Comparto con todos menos con bocha. Hasta ahora, aunque mis viajes en avión son pocos, no he visto hombres como auxiliares de vuelo y espero que no lo hagan. Mi mente me dice que un auxiliar de vuelo es algo así como un copiloto. ¿Será que Bocha tiene razón?. (Se me está pegando la anarquía de Vampiro milenario)


----------



## piraña utria

emm1366 said:


> Comparto con todos menos con bocha. Hasta ahora, aunque mis viajes en avión son pocos, no he visto hombres como auxiliares de vuelo y espero que no lo hagan. Mi mente me dice que un auxiliar de vuelo es algo así como un copiloto. ¿Será que Bocha tiene razón?. (Se me está pegando la anarquía de Vampiro milenario)


 
Hola paisano, tiempo sin verte por acá:

"Auxiliar de vuelo" es como denominan algunas normas internas en nuestro país a este oficio (te debo si lo contemplan convenios internacionales) así como ellos mismos, que es fundamental: el sindicato que agrupa a la mayoría de estas personas se llama precisamente ACDAV, "Asociación Colombiana de Auxiliares de Vuelo".

Saludos,


----------



## Xiroi

emm1366 said:


> no he visto hombres como auxiliares de vuelo y espero que no lo hagan.


Me quedo sin palabraas.

En este continente, y también en otros, un hombre ejerciendo la profesión de auxiliar de vuelo, ya sea como mero auxiliar o como sobrecargo/jefe de cabina (o con los diferentes nombres que les den en cada país) es una ocupación dignísima independientemente del sexo de la persona que la desempeñe.


----------



## KHALIFAH

Hola todos

La mejor traducción posible para _steward_ es *camarero;* y debería ser la palabra a utilizar si uno es Hispanohablante, ya que corresponde al oficio del personal auxiliar destinado a la atención al pasajero, tanto en viajes aéreos como en cruceros marítimos; incluso en los bares, restaurantes y hoteles en tierra. No tiene nada que ver con la labor de auxiliar de vuelo. 
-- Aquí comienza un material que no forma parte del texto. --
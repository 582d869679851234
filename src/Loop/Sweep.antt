-- ===== src/Loop/Sweep.antt =====
-- fire_timers of src/loop.c: which timers leave the heap, in which order they become pending calls,
-- and what is counted.
use mathlib.Core.List.{
  mem-cons_self, mem-append_right, not-mem-nil, Pairwise, mem-cons_of_mem, mem-append_left,
  append_assoc, append-nil, perm_middle,
}
use mathlib.Core.List.Perm
use jega.Base.{
  ltb, leb, Bool-cases, length, length-append, length-perm, ok, Ends, ends, Ends-weaken,
  Ends-branch, u32_mod, ℕ, zero, suc, ◌+◌, ◌-◌, ◌^◌, ◌≤◌, ◌<◌, ◌≡◌, refl, sym, ap, ◌∙◌, subst, ◌⊎◌,
  inl, inr, Bool, true, false, some, List, [], ◌∷◌, ◌++◌, Mem, Perm, arith,
}
use jega.Ring
use jega.Heapq.{Heapq, heappop}
use jega.Heapq.Timers.{Contains}
use jega.Heapq.Drain.{IsSorted}
use jega.Heapq.Pop.{IsEarliest, heappop-some}
use jega.Timer.{Object}
use jega.Loop.{
  running, Loop, due_time, is_running, less_one, drop_timer, move_timer, fire_timers_loop,
  fire_timers,
}
use jega.Ring.{queue_push}
use jega.Ring.Push.{push-granted}

abbrev pub All {ℓ} : (ℕ → Type ℓ) → List ℕ → Type ℓ
All P [] = Unit
All P (x ∷ xs) = P x × All P xs

abbrev pub due_at : (ℕ → Object) → ℕ → ℕ
due_at objs i = (objs i).seconds

-- The timer is to be called: its time has come, and it was not cancelled.
abbrev pub IsDue : (ℕ → Object) → ℕ → ℕ → Type 0
IsDue objs now i = ((objs i).cancelled ≡ false) × (due_at objs i ≤ now)

-- The earliest of the timers is not cancelled.
abbrev pub Stopper : (ℕ → Object) → List ℕ → Type 0
Stopper objs left =
    (i : ℕ) × Mem i left × IsEarliest (due_at objs) i left × ((objs i).cancelled ≡ false)

-- How the timers `xs` of a heap and the pending calls `ps` are found again in the loop `m`, when
-- `count` calls were counted before.
pub record Swept (objs : ℕ → Object) (count now : ℕ) (xs ps : List ℕ) (m : Loop) : Type 0 where
  pub fired : List ℕ
  pub dropped : List ℕ
  pub left : List ℕ
  pub whole : Perm (fired ++ (dropped ++ left)) xs
  pub pending : Ring.Contents.Holds m.pendings (ps ++ fired)
  pub waiting : Contains (due_at objs) m.scheduled left
  pub in_order : IsSorted (due_at objs) fired
  pub due : All (IsDue objs now) fired
  pub cancelled : All (λ i. (objs i).cancelled ≡ true) dropped
  pub later : (i : ℕ) → Mem i left → now < due_at objs i
  pub ahead : All (λ i. (j : ℕ) → Mem j left → due_at objs i ≤ due_at objs j) dropped
  pub stops : (left ≡ []) ⊎ Stopper objs left
  pub counted : m.activecnt + length dropped ≡ count
  pub objs_kept : m.objs ≡ objs
  pub still : m.state ≡ running

module _ (objs : ℕ → Object) (count now t : ℕ) (others xs ps : List ℕ) (n : Loop)
    (all : Perm (t ∷ others) xs) where
  -- A cancelled timer that is dropped counts once less.
  Swept-drop :
      IsEarliest (due_at objs) t xs
      → (objs t).cancelled ≡ true
      → Swept objs count now others ps n
      → Swept objs (count + 1) now xs ps n
  Swept-drop first gone s = record {
    fired = s.fired;
    dropped = t ∷ s.dropped;
    left = s.left;
    whole =
        Perm.trans (perm_middle s.fired (s.dropped ++ s.left))
          (Perm.trans (Perm.cons t s.whole) all);
    pending = s.pending;
    waiting = s.waiting;
    in_order = s.in_order;
    due = s.due;
    cancelled = (gone, s.cancelled);
    later = s.later;
    ahead = (
      λ j i. first j (
          (Perm.mem_iff all).0 (
            mem-cons_of_mem t (
              (Perm.mem_iff s.whole).0 (mem-append_right s.fired (mem-append_right s.dropped i))))),
      s.ahead,
    );
    stops = s.stops;
    counted = omega (arith, s.counted);
    objs_kept = s.objs_kept;
    still = s.still;
  }

  -- A timer that is moved to the pending calls comes before the later ones.
  Swept-fire :
      IsEarliest (due_at objs) t xs
      → IsDue objs now t
      → Swept objs count now others (ps ++ t ∷ []) n
      → Swept objs count now xs ps n
  Swept-fire first ready s = record {
    fired = t ∷ s.fired;
    dropped = s.dropped;
    left = s.left;
    whole = Perm.trans (Perm.cons t s.whole) all;
    pending = rw (append_assoc ps (t ∷ []) s.fired) at s.pending;
    waiting = s.waiting;
    in_order =
        Pairwise.cons
          (λ u i. first u (
            (Perm.mem_iff all).0
              (mem-cons_of_mem t ((Perm.mem_iff s.whole).0 (mem-append_left _ i)))))
          s.in_order;
    due = (ready, s.due);
    cancelled = s.cancelled;
    later = s.later;
    ahead = s.ahead;
    stops = s.stops;
    counted = s.counted;
    objs_kept = s.objs_kept;
    still = s.still;
  }

-- Nothing leaves the heap where its root is not due.
Swept-stop :
    (l : Loop) (now : ℕ) (xs ps : List ℕ)
    → Ring.Contents.Holds l.pendings ps
    → Contains (due_time l) l.scheduled xs
    → l.state ≡ running
    → ((i : ℕ) → Mem i xs → now < due_time l i)
    → (xs ≡ []) ⊎ Stopper l.objs xs
    → Swept l.objs l.activecnt now xs ps l
Swept-stop l now xs ps p c r late last = record {
  fired = [];
  dropped = [];
  left = xs;
  whole = Perm.refl xs;
  pending = rw (append-nil ps) p;
  waiting = c;
  in_order = Pairwise.nil;
  due = tt;
  cancelled = tt;
  later = late;
  ahead = tt;
  stops = last;
  counted = omega arith;
  objs_kept = refl;
  still = r;
}

not-mem-empty : (xs : List ℕ) (i : ℕ) → length xs ≡ 0 → ¬ Mem i xs
not-mem-empty [] i e m = not-mem-nil m
not-mem-empty (x ∷ xs) i e m = absurd (omega arith)

empty-list : (xs : List ℕ) → length xs ≡ 0 → xs ≡ []
empty-list [] e = refl
empty-list (x ∷ xs) e = absurd (omega arith)

length-Contains :
    (l : Loop) (q : Heapq ℕ) (xs : List ℕ) → Contains (due_time l) q xs → q.size ≡ length xs
length-Contains l q xs (ys, h, same) = h.sized ∙ length-perm same

-- `true` is the result 1.
abbrev pub Sweeps : Loop → ℕ → List ℕ → List ℕ → Bool × Loop → Type 0
Sweeps l now xs ps (done, m) = (done ≡ true) × Swept l.objs l.activecnt now xs ps m

module _ (py_mem c_mem : ℕ → Bool) (grants : (n : ℕ) → py_mem n ≡ true) where
  -- What the loop needs to know of the state that a round starts from.
  record RoundStart (l : Loop) (xs ps : List ℕ) : Type 0 where
    pending : Ring.Contents.Holds l.pendings ps
    waiting : Contains (due_time l) l.scheduled xs
    goes_on : l.state ≡ running
    small : length ps + length xs < 2 ^ 31
    counts : length xs ≤ l.activecnt
    word : l.activecnt < u32_mod

  drop_timer-popped :
      (l : Loop) (t : ℕ) (q : Heapq ℕ)
      → heappop (due_time l) l.scheduled ≡ ok (some t, q)
      → 0 < l.activecnt
      → l.activecnt < u32_mod
      → drop_timer py_mem c_mem l ≡ ok (record l { scheduled = q; activecnt = l.activecnt - 1 })
  unfolding drop_timer
  drop_timer-popped l t q e pos word =
      let less : less_one l.activecnt ≡ l.activecnt - 1 = omega arith in rw (e, less)

  move_timer-popped :
      (l : Loop) (t : ℕ) (q : Heapq ℕ) (r : Ring.Ring ℕ)
      → heappop (due_time l) l.scheduled ≡ ok (some t, q)
      → queue_push py_mem l.pendings t ≡ ok (some r)
      → move_timer py_mem c_mem l ≡ ok (true, record l { scheduled = q; pendings = r })
  unfolding move_timer
  move_timer-popped l t q r e pushed = rw (e, pushed)

  fire_timers_loop-Sweeps :
      (fuel now : ℕ) (l : Loop) (xs ps : List ℕ)
      → l.scheduled.size < fuel
      → RoundStart l xs ps
      → Ends (Sweeps l now xs ps) (fire_timers_loop py_mem c_mem fuel now l)
  unfolding fire_timers_loop
  fire_timers_loop-Sweeps zero now l xs ps f y = absurd (omega arith)
  fire_timers_loop-Sweeps (suc fuel) now l xs ps f y =
      let alive : is_running l.state ≡ true = ap is_running y.goes_on in
      let stop_here =
        λ (late : (i : ℕ) → Mem i xs → now < due_time l i) (last : (xs ≡ []) ⊎ Stopper l.objs xs).
          Swept-stop l now xs ps y.pending y.waiting y.goes_on late last in
      let size = length-Contains l l.scheduled xs y.waiting in
      elim (Bool-cases (ltb 0 l.scheduled.size)) [
        | inr none_left ↦ rw none_left (
            ends (
              refl,
              stop_here (λ i m. absurd (not-mem-empty xs i (ground arith) m))
                  (inl (empty-list xs (ground arith))),
            ))
        | inl more ↦
            let (t, q, others, popped, root, held, all, first) =
              heappop-some (due_time l) l.scheduled xs y.waiting (ground arith) in
            let fewer : length xs ≡ suc (length others) = sym (length-perm all) in
            let left = length-Contains l q others held in
            let dropping = drop_timer-popped l t q popped (omega (arith, y.counts)) y.word in
            let gone : Loop = record l { scheduled = q; activecnt = l.activecnt - 1 } in
            rw (more, alive, root)
              (Ends-branch (l.objs t).cancelled
                (λ dead. rw dropping (
                  Ends-weaken
                    (fire_timers_loop-Sweeps fuel now gone others ps (omega arith) (record {
                      pending = y.pending;
                      waiting = held;
                      goes_on = y.goes_on;
                      small = omega (arith, y.small);
                      counts = omega (arith, y.counts);
                      word = omega (arith, y.word);
                    }))
                    λ (done, n) (d, s). (
                      d,
                      subst (λ k. Swept l.objs k now xs ps n) (omega (arith, y.counts))
                          (Swept-drop l.objs (l.activecnt - 1) now t others xs ps n all first dead
                            s),
                    )))
                (λ live.
                  Ends-branch (leb (due_time l t) now)
                    (λ due.
                      let (r, pushed, kept) =
                        push-granted py_mem l.pendings ps t grants y.pending
                          (omega (arith, y.small)) in
                      let moved_on : Loop = record l { scheduled = q; pendings = r } in
                      rw (move_timer-popped l t q r popped pushed) (
                        Ends-weaken
                          (fire_timers_loop-Sweeps fuel now moved_on others (ps ++ t ∷ [])
                            (omega arith)
                            (record {
                              pending = kept;
                              waiting = held;
                              goes_on = y.goes_on;
                              small = omega (arith, y.small, length-append ps (t ∷ []));
                              counts = omega (arith, y.counts);
                              word = y.word;
                            }))
                          λ (done, n) (d, s). (
                            d,
                            Swept-fire l.objs l.activecnt now t others xs ps n all first
                                (live, ground arith) s,
                          )))
                    (λ early. ends (
                      refl,
                      stop_here (λ i m. ground (arith, first i m))
                          (inr (t, (Perm.mem_iff all).0 mem-cons_self, first, live)),
                    ))))
      ]

  -- fire_timers takes exactly the timers out of the heap that are cancelled or whose time has come,
  -- up to the first that is neither: those that are due and not cancelled become pending calls
  -- behind the others, the earlier ones first, the cancelled ones are dropped and count no more, none
  -- of them after one that is left, and the earliest that is left is not cancelled, and later than
  -- now as all are. It needs an allocator that grants every request and
  -- fewer than 2 ^ 31 calls in all.
  pub fire_timers-Sweeps :
      (l : Loop) (xs ps : List ℕ)
      → Ring.Contents.Holds l.pendings ps
      → Contains (due_time l) l.scheduled xs
      → l.state ≡ running
      → length ps + length xs < 2 ^ 31
      → length xs ≤ l.activecnt
      → l.activecnt < u32_mod
      → Ends (Sweeps l l.clock xs ps) (fire_timers py_mem c_mem l)
  unfolding fire_timers
  fire_timers-Sweeps l xs ps p c r small counts word =
      fire_timers_loop-Sweeps (l.scheduled.size + 1) l.clock l xs ps (omega arith) (record {
        pending = p;
        waiting = c;
        goes_on = r;
        small = small;
        counts = counts;
        word = word;
      })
Tripulante es una expresión general para referirse a todas las personas que van en una nave y que no son pasajeros.

ahora sí............good bye!


----------



## Xiroi

KHALIFAH said:


> Hola todos
> 
> La mejor traducción posible para _steward_ es *camarero;* y debería ser la palabra a utilizar si uno es Hispanohablante, ya que corresponde al oficio del personal auxiliar destinado a la atención al pasajero, tanto en viajes aéreos como en cruceros marítimos; incluso en los bares, restaurantes y hoteles en tierra. No tiene nada que ver con la labor de auxiliar de vuelo.
> 
> Tripulante es una expresión general para referirse a todas las personas que van en una nave y que no son pasajeros.
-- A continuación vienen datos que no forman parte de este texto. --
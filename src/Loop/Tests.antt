-- ===== src/Loop/Tests.antt =====
-- Runs of the scheduler on a small loop, and the theorems at concrete inputs. The timer of number i
-- is due at the time i; number 3 is cancelled, and number 0 is a handle.
use mathlib.Core.List.Perm
use jega.Base.{
  ◌==◌, if◌then◌else◌, get_elem?, ok, Ends, ℕ, zero, suc, ◌+◌, ◌*◌, ◌≤◌, ◌<◌, ◌≡◌, refl, Bool, true,
  false, none, some, List, [], ◌∷◌, arith,
}
use jega.Ring
use jega.Heapq.Slots.{slots}
use jega.Heapq.Sift.{key}
use jega.Heapq.{Heapq, parent}
use jega.Loop.{
  stop, running, no_signal, sigint, sigterm, Loop, World, due_time, update, sigint_cb,
  check_stop_signal, call_object, marked, armed, schedule_timer, fire_timers, fire_timer,
  fire_pendings,
}
use jega.Timer.{handle, timer, Object, handle_new}
use jega.Ring.{Ring}
use jega.Heapq.Timers.{Contains}
use jega.Loop.Sweep.{Sweeps, fire_timers-Sweeps}
use jega.Loop.Fire.{deliver, sigterm_masks, sigint_stops, fire_timer-rearms}
use jega.Loop.Schedule.{schedule_timer-waits}
use jega.Loop.Pending.{takes, fire_pendings-in_turn}

abbrev plenty : ℕ → Bool
plenty n = true

abbrev alarm : ℕ → Object
alarm i = record {
  kind = if i == 0 then handle else timer;
  has_greenlet = false;
  called = false;
  cancelled = i == 3;
  seconds = i;
  repeats = i == 7;
  interval = 10;
}

abbrev times : List ℕ
times = 2 ∷ 5 ∷ 3 ∷ []

abbrev idle_ring : Ring ℕ
idle_ring = record { q = none ∷ none ∷ none ∷ []; first = 0; last = 1; size = 0; max = 2 }

abbrev three_timers : Heapq ℕ
three_timers = record { heap = slots times (none ∷ []); size = 3; max = 4 }

abbrev sample : Loop
sample = record {
  objs = alarm;
  pendings = idle_ring;
  scheduled = three_timers;
  activecnt = 3;
  state = running;
  catch_signal = no_signal;
  clock = 4;
  raised = false;
}

abbrev terminated : Loop
terminated = record sample { catch_signal = sigterm }

-- A call that advances the clock by one second and cancels its own object.
abbrev cancels : World
cancels = record {
  run = λ i l. record l {
    objs = update l.objs i (record (l.objs i) { cancelled = true });
    clock = l.clock + 1;
  };
  dead = λ i l. false;
}

abbrev rearmed : Loop
rearmed = armed 7 (cancels.run 7 (marked 7 sample))

module _ (due : ℕ → ℕ) (two : due 2 ≡ 2) (three : due 3 ≡ 3) (five : due 5 ≡ 5) where
  times-IsHeap : (d c : ℕ) → 0 < c → c < 3 → key due d times (parent c) ≤ key due d times c
  times-IsHeap d zero p h = absurd (omega arith)
  times-IsHeap d (suc zero) p h = omega (arith, two, five)
  times-IsHeap d (suc (suc zero)) p h = omega (arith, two, three)
  times-IsHeap d (suc (suc (suc c))) p h = absurd (omega arith)

  times-Contains : Contains due three_timers times
  times-Contains = (
    times,
    record {
      rest = none ∷ [];
      laid = refl;
      sized = refl;
      roomy = refl;
      small = omega arith;
      ordered = times-IsHeap;
    },
    Perm.refl times,
  )

sample-Contains : Contains (due_time sample) three_timers times
sample-Contains = times-Contains (due_time sample) refl refl refl

rearmed-Contains : Contains (due_time rearmed) three_timers times
rearmed-Contains = times-Contains (due_time rearmed) refl refl refl

idle-Holds : Ring.Contents.Holds idle_ring []
idle-Holds = record {
  roomy = omega arith;
  sized = refl;
  bounded = omega arith;
  word = omega arith;
  first_in = omega arith;
  last_in = omega arith;
  joined = refl;
  entries = λ i h. absurd (omega arith);
}

fire_timers-Sweeps_example : Ends (Sweeps sample 4 times []) (fire_timers plenty plenty sample)
fire_timers-Sweeps_example =
    fire_timers-Sweeps plenty plenty (λ n. refl) sample times [] idle-Holds sample-Contains refl
      (omega arith) (omega arith) (omega arith)

timer_waits :
    (m : Loop) × (schedule_timer plenty plenty sample 9 ≡ ok (true, m))
    × (m.activecnt ≡ 4)
    × (m.objs ≡ alarm)
    × (if false
        then Ring.Contents.Holds m.pendings (9 ∷ []) × (m.scheduled ≡ three_timers)
        else Contains (due_time sample) m.scheduled (9 ∷ times) × (m.pendings ≡ idle_ring))
timer_waits =
    schedule_timer-waits plenty plenty sample 9 [] times (λ n. refl) (λ n. refl) idle-Holds
      sample-Contains (omega arith) (omega arith) (omega arith)

masked_by_sigterm :
    check_stop_signal (deliver (sigint ∷ sigterm ∷ sigint ∷ []) terminated) ≡ (false, terminated)
masked_by_sigterm = sigterm_masks (sigint ∷ sigterm ∷ sigint ∷ []) terminated refl refl

interrupted_once :
    check_stop_signal (sigint_cb sigint sample)
    ≡ (true, record sample { state = stop; catch_signal = no_signal })
interrupted_once = sigint_stops sample refl refl

-- Number 7 repeats, and its call cancels it.
fire_timer-rearms_example :
    (m : Loop) × (fire_timer plenty plenty cancels 7 sample ≡ ok m)
    × (m.activecnt ≡ 4)
    × ((m.objs 7).cancelled ≡ false)
    × ((m.objs 7).called ≡ false)
    × ((m.objs 7).seconds ≡ 15)
    × Contains (due_time rearmed) m.scheduled (7 ∷ times)
unfolding call_object
fire_timer-rearms_example =
    fire_timer-rearms plenty plenty cancels 7 sample times (λ n. refl) (λ n. refl) refl refl refl
      refl [] idle-Holds rearmed-Contains (omega arith) (omega arith) (omega arith) (omega arith)

-- Two handles wait in the queue.
abbrev two_handles : Ring ℕ
two_handles = record { q = some 20 ∷ some 10 ∷ none ∷ []; first = 1; last = 0; size = 2; max = 2 }

two_entries :
    (i : ℕ)
    → i < 2
    → get_elem? two_handles.q (Ring.Wrap.wrap 2 (1 + i)) ≡ some (get_elem? (10 ∷ 20 ∷ []) i)
two_entries zero h = refl
two_entries (suc zero) h = refl
two_entries (suc (suc i)) h = absurd (omega arith)

two_handles-Holds : Ring.Contents.Holds two_handles (10 ∷ 20 ∷ [])
two_handles-Holds = record {
  roomy = omega arith;
  sized = refl;
  bounded = omega arith;
  word = omega arith;
  first_in = omega arith;
  last_in = omega arith;
  joined = refl;
  entries = two_entries;
}

abbrev waiting_handles : Loop
waiting_handles = record sample { objs = λ i. handle_new false; pendings = two_handles }

-- The clock after a call tells the calls, and their order.
abbrev durations : ℕ → ℕ → ℕ
durations i clock = clock * 2 + i

fire_pendings-in_turn_example :
    (m : Loop) × (fire_pendings plenty plenty 3 (takes durations) waiting_handles ≡ ok (true, m))
    × (m.clock ≡ 56)
    × Ring.Contents.Holds m.pendings []
    × (m.activecnt + 2 ≡ 3)
    × (m.objs ≡ waiting_handles.objs)
    × (m.scheduled ≡ three_timers)
    × (m.state ≡ running)
    × (m.raised ≡ false)
    × (m.catch_signal ≡ no_signal)
unfolding handle_new
fire_pendings-in_turn_example =
    fire_pendings-in_turn plenty plenty durations 3 (10 ∷ 20 ∷ []) waiting_handles (omega arith)
      two_handles-Holds (λ i m. (refl, refl, refl, refl)) refl refl refl (omega arith) (omega arith)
Querrás decir hispanohablante (en minúscula) de los países donde se use camarero en ese sentido. Aquí un camarero sirve bebidas y alimentos en establecimientos públicos: bares, restaurantes, discotecas.

Llamar camarero/a a una persona que habla varios idiomas, que ha realizado y regularmente sigue realizando una formación que incluye primeros auxilios, procedimentos de emergencias y que te sabe sacar de un avión en llamas como si su única capacidad fuera servir refrescos es verdadero un insulto.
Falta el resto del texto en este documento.